◆ Brief
The lines from the top of the records below through the one containing "All P [] = Unit" are to be transcribed exactly, and nothing else is to be added.

-------- Data provided --------

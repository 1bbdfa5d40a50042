-- ===== src/Api/DeepCopy/Readings.antt =====
-- What a value in memory reads as, and the addresses that it is read from.
use yet_another_mysql_operat.Prelude.{
  ◌≡◌, refl, ap, ◌≤◌, ◌<◌, List, [], ◌∷◌, ◌++◌, Option, none, some, arith,
}
use mathlib.Core.Option.{map}
use yet_another_mysql_operat.Prelude.Assoc.{Distinct}
use yet_another_mysql_operat.Api.{MysqlConf}
use yet_another_mysql_operat.Api.DeepCopy.Structs.{Address, Memory}

abbrev pub All : {A : Type 0} → (A → Type 0) → List A → Type 0
All P [] = Unit
All P (x ∷ xs) = P x × All P xs

module _ {A : Type 0} where
  pub everywhere-All : (P : A → Type 0) (xs : List A) → ((x : A) → P x) → All P xs
  everywhere-All P [] f = tt
  everywhere-All P (x ∷ xs) f = (f x, everywhere-All P xs f)

  pub All-map : (P Q : A → Type 0) (xs : List A) → ((x : A) → P x → Q x) → All P xs → All Q xs
  All-map P Q [] f h = tt
  All-map P Q (x ∷ xs) f (p, ps) = (f x p, All-map P Q xs f ps)

  pub All-join : (P : A → Type 0) (xs ys : List A) → All P xs → All P ys → All P (xs ++ ys)
  All-join P [] ys h k = k
  All-join P (x ∷ xs) ys (p, ps) k = (p, All-join P xs ys ps k)

  pub All-split : (P : A → Type 0) (xs ys : List A) → All P (xs ++ ys) → All P xs × All P ys
  All-split P [] ys h = (tt, h)
  All-split P (x ∷ xs) ys (p, ps) = let (l, r) = All-split P xs ys ps in ((p, l), r)

abbrev pub Below : Address → List Address → Type 0
Below n ps = All (λ p. p < n) ps

module _ {C : Type 0} where
  -- The two memories hold the same at these addresses.
  abbrev pub Agree : List Address → Memory C → Memory C → Type 0
  Agree ps m m' = All (λ p. m'.at p ≡ m.at p) ps

  -- Addresses are taken, none is given back, and no cell in use is written.
  pub record Later (m m' : Memory C) : Type 0 where
    pub grows : m.next ≤ m'.next
    pub kept : (p : Address) → p < m.next → m'.at p ≡ m.at p

-- A way to read values: what a value reads as, the addresses that it is read from, which are in use
-- for a valid one, and that it depends on no other address.
pub record Reading (C A V : Type 0) : Type 1 where
  pub view : Memory C → A → V
  pub refs : Memory C → A → List Address
  pub Valid : Memory C → A → Type 0
  pub below : (m : Memory C) (a : A) → Valid m a → Below m.next (refs m a)
  pub stable :
      (m m' : Memory C) (a : A)
      → Valid m a
      → m.next ≤ m'.next
      → Agree (refs m a) m m'
      → (view m' a ≡ view m a) × (refs m' a ≡ refs m a) × Valid m' a

module _ {C : Type 0} where
  pub Later-Agree :
      (m m' : Memory C) (ps : List Address) → Later m m' → Below m.next ps → Agree ps m m'
  Later-Agree m m' ps l h = All-map _ _ ps l.kept h

  pub Later-trans : (m n o : Memory C) → Later m n → Later n o → Later m o
  Later-trans m n o a b =
      let g = a.grows in
      let g' = b.grows in
      record { grows = omega arith; kept = λ p lt. rw (b.kept p (omega arith)) (a.kept p lt) }

  abbrev pub plain : {A : Type 0} → Reading C A A
  plain = record {
    view = λ m a. a;
    refs = λ m a. [];
    Valid = λ m a. Unit;
    below = λ m a v. tt;
    stable = λ m m' a v g h. (refl, refl, tt);
  }

  abbrev pub entries : Reading C MysqlConf MysqlConf
  entries = record {
    view = λ m a. a;
    refs = λ m a. [];
    Valid = λ m a. Distinct a;
    below = λ m a v. tt;
    stable = λ m m' a v g h. (refl, refl, v);
  }

  module _ {A V : Type 0} (r : Reading C A V) where
    -- A pointer reads as what it points to.
    abbrev pub pointer : (C → A) → Reading C Address V
    pointer get = record {
      view = λ m p. r.view m (get (m.at p));
      refs = λ m p. p ∷ r.refs m (get (m.at p));
      Valid = λ m p. (p < m.next) × r.Valid m (get (m.at p));
      below = λ m p (lt, v). (lt, r.below m (get (m.at p)) v);
      stable = λ m m' p (lt, v) g (same, h).
          let (a, b, c) = r.stable m m' (get (m.at p)) v g h in
          (rw (same, a) refl, rw (same, b) refl, (omega arith, rw same c));
    }

    abbrev pub null_refs : Memory C → Option A → List Address
    null_refs m none = []
    null_refs m (some a) = r.refs m a

    abbrev pub NullOr : Memory C → Option A → Type 0
    NullOr m none = Unit
    NullOr m (some a) = r.Valid m a

    pub null-Below : (m : Memory C) (o : Option A) → NullOr m o → Below m.next (null_refs m o)
    null-Below m none v = tt
    null-Below m (some a) v = r.below m a v

    pub null_stable :
        (m m' : Memory C) (o : Option A)
        → NullOr m o
        → m.next ≤ m'.next
        → Agree (null_refs m o) m m'
        → (map (r.view m') o ≡ map (r.view m) o) × (null_refs m' o ≡ null_refs m o) × NullOr m' o
    null_stable m m' none v g h = (refl, refl, tt)
    null_stable m m' (some a) v g h = let (x, y, z) = r.stable m m' a v g h in (ap some x, y, z)

    abbrev pub nullable : Reading C (Option A) (Option V)
    nullable = record {
      view = λ m. map (r.view m);
      refs = null_refs;
      Valid = NullOr;
      below = null-Below;
      stable = null_stable;
    }

    abbrev pub each_view : Memory C → List A → List V
    each_view m [] = []
    each_view m (a ∷ xs) = r.view m a ∷ each_view m xs

    abbrev pub each_refs : Memory C → List A → List Address
    each_refs m [] = []
    each_refs m (a ∷ xs) = r.refs m a ++ each_refs m xs

    pub each-Below :
        (m : Memory C) (xs : List A) → All (r.Valid m) xs → Below m.next (each_refs m xs)
    each-Below m [] v = tt
    each-Below m (a ∷ xs) (v, w) =
        All-join _ (r.refs m a) (each_refs m xs) (r.below m a v) (each-Below m xs w)

    pub each_stable :
        (m m' : Memory C) (xs : List A)
        → All (r.Valid m) xs
        → m.next ≤ m'.next
        → Agree (each_refs m xs) m m'
        → (each_view m' xs ≡ each_view m xs)
          × (each_refs m' xs ≡ each_refs m xs)
          × All (r.Valid m') xs
    each_stable m m' [] v g h = (refl, refl, tt)
    each_stable m m' (a ∷ xs) (v, w) g h =
        let (k, ks) = All-split _ (r.refs m a) (each_refs m xs) h in
        let (x, y, z) = r.stable m m' a v g k in
        let (x', y', z') = each_stable m m' xs w g ks in (rw (x, x') refl, rw (y, y') refl, (z, z'))

    abbrev pub each : Reading C (List A) (List V)
    each = record {
      view = each_view;
      refs = each_refs;
      Valid = λ m. All (r.Valid m);
      below = each-Below;
      stable = each_stable;
    }

  module _ {A V B W : Type 0} (r : Reading C A V) (s : Reading C B W) where
    abbrev pub both : Reading C (A × B) (V × W)
    both = record {
      view = λ m (a, b). (r.view m a, s.view m b);
      refs = λ m (a, b). r.refs m a ++ s.refs m b;
      Valid = λ m (a, b). r.Valid m a × s.Valid m b;
      below =
          λ m (a, b) (v, w). All-join _ (r.refs m a) (s.refs m b) (r.below m a v) (s.below m b w);
      stable = λ m m' (a, b) (v, w) g h.
          let (h₁, h₂) = All-split _ (r.refs m a) (s.refs m b) h in
          let (x, y, z) = r.stable m m' a v g h₁ in
          let (x', y', z') = s.stable m m' b w g h₂ in (rw (x, x') refl, rw (y, y') refl, (z, z'));
    }

  -- The same values, taken apart and put together in another way.
  abbrev pub via : {A V B W : Type 0} → (B → A) → (V → B → W) → Reading C A V → Reading C B W
  via f g r = record {
    view = λ m b. g (r.view m (f b)) b;
    refs = λ m b. r.refs m (f b);
    Valid = λ m b. r.Valid m (f b);
    below = λ m b. r.below m (f b);
    stable = λ m m' b v l h. let (x, y, z) = r.stable m m' (f b) v l h in (ap (λ w. g w b) x, y, z);
  }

--------

◆ Solution to this task
repository 1bbdfa5d40a50042
-- ===== src/Api/DeepCopy/Readings.antt =====
-- What a value in memory reads as, and the addresses that it is read from.
use yet_another_mysql_operat.Prelude.{
  ◌≡◌, refl, ap, ◌≤◌, ◌<◌, List, [], ◌∷◌, ◌++◌, Option, none, some, arith,
}
use mathlib.Core.Option.{map}
use yet_another_mysql_operat.Prelude.Assoc.{Distinct}
use yet_another_mysql_operat.Api.{MysqlConf}
use yet_another_mysql_operat.Api.DeepCopy.Structs.{Address, Memory}

abbrev pub All : {A : Type 0} → (A → Type 0) → List A → Type 0
All P [] = Unit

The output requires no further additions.